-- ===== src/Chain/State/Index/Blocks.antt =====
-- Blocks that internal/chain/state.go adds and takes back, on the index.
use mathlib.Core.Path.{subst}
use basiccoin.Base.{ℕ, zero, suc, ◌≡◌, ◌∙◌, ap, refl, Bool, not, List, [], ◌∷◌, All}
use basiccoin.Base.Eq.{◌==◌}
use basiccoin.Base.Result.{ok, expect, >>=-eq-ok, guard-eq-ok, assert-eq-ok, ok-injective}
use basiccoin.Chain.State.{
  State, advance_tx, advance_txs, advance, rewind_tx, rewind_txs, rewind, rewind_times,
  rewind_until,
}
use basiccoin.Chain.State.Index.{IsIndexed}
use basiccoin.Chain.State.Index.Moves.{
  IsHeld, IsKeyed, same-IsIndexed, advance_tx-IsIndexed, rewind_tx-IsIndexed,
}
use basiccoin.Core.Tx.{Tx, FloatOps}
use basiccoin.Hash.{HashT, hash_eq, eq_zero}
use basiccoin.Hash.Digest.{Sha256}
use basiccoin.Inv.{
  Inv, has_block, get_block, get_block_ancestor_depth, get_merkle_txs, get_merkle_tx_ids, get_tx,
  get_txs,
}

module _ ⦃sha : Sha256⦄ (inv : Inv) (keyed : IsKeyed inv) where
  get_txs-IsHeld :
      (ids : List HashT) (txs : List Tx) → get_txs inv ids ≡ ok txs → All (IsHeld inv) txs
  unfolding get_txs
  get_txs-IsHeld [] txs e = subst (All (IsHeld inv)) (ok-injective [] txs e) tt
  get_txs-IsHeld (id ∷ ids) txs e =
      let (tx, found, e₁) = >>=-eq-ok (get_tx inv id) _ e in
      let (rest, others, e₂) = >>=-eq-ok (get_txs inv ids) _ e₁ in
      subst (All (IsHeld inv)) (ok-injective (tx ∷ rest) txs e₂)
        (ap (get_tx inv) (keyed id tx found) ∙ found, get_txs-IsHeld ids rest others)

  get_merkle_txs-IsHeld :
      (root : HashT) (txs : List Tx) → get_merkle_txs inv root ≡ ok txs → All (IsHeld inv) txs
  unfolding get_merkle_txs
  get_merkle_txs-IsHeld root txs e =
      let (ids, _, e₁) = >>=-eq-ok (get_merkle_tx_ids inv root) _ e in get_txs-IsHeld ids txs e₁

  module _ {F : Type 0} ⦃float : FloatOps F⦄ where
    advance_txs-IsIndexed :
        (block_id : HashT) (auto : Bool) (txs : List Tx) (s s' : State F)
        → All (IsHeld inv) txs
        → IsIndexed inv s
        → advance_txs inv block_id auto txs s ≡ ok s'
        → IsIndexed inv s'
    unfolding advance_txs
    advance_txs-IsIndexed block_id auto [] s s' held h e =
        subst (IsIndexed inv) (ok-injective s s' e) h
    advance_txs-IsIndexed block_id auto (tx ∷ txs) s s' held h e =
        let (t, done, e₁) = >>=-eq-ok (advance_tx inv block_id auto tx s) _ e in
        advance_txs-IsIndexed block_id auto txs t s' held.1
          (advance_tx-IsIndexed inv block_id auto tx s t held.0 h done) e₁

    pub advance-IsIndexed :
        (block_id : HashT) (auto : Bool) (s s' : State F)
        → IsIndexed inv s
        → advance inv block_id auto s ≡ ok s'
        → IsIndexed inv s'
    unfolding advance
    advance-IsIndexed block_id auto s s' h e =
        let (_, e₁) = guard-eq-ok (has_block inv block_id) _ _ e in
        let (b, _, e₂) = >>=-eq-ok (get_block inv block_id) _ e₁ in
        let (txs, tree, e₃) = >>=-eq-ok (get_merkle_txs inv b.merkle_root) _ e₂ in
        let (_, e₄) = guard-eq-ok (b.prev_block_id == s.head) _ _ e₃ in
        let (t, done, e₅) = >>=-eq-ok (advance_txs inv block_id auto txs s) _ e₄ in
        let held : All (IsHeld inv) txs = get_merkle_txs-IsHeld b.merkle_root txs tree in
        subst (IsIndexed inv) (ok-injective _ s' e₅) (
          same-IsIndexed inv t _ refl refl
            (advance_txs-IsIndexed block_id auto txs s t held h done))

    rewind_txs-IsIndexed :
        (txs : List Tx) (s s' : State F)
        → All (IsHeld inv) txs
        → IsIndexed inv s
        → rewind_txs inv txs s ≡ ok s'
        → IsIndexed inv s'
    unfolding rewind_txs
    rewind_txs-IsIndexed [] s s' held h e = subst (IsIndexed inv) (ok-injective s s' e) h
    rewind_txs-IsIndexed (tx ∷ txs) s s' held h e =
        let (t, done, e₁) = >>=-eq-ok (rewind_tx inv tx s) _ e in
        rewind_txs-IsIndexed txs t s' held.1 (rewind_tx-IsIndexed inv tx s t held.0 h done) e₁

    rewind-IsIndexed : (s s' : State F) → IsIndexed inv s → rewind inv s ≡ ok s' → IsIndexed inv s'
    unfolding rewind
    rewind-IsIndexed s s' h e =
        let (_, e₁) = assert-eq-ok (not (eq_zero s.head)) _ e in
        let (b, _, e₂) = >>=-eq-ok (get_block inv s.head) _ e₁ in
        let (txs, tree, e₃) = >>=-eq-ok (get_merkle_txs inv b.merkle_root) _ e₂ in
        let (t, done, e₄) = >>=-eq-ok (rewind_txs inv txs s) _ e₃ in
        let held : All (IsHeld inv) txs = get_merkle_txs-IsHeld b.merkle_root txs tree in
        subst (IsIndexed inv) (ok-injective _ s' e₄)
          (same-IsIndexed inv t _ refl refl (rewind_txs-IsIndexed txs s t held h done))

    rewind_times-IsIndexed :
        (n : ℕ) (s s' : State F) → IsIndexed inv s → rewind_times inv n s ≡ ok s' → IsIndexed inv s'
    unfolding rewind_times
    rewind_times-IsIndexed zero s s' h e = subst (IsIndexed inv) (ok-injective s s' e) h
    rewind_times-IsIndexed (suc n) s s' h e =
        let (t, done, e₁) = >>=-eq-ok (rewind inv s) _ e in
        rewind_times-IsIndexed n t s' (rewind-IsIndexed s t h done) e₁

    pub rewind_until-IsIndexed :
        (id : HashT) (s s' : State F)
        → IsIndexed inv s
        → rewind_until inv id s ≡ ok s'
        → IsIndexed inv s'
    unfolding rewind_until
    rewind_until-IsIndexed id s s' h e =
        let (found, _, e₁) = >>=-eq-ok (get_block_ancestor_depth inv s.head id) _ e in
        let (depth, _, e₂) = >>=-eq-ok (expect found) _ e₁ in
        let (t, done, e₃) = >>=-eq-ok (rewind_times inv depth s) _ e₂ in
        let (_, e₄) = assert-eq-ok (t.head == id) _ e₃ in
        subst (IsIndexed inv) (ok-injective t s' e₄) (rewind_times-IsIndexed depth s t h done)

◆ Aim of the task: Whenever the string "done" turns up in a line of the data, copy that line.

◆ Exercise answer:
        let (t, done, e₁) = >>=-eq-ok (advance_tx inv block_id auto tx s) _ e in
          (advance_tx-IsIndexed inv block_id auto tx s t held.0 h done) e₁
        let (t, done, e₅) = >>=-eq-ok (advance_txs inv block_id auto txs s) _ e₄ in
            (advance_txs-IsIndexed block_id auto txs s t held h done))
        let (t, done, e₁) = >>=-eq-ok (rewind_tx inv tx s) _ e in
        rewind_txs-IsIndexed txs t s' held.1 (rewind_tx-IsIndexed inv tx s t held.0 h done) e₁
        let (t, done, e₄) = >>=-eq-ok (rewind_txs inv txs s) _ e₃ in
          (same-IsIndexed inv t _ refl refl (rewind_txs-IsIndexed txs s t held h done))
        let (t, done, e₁) = >>=-eq-ok (rewind inv s) _ e in
        rewind_times-IsIndexed n t s' (rewind-IsIndexed s t h done) e₁
        let (t, done, e₃) = >>=-eq-ok (rewind_times inv depth s) _ e₂ in
        subst (IsIndexed inv) (ok-injective t s' e₄) (rewind_times-IsIndexed depth s t h done)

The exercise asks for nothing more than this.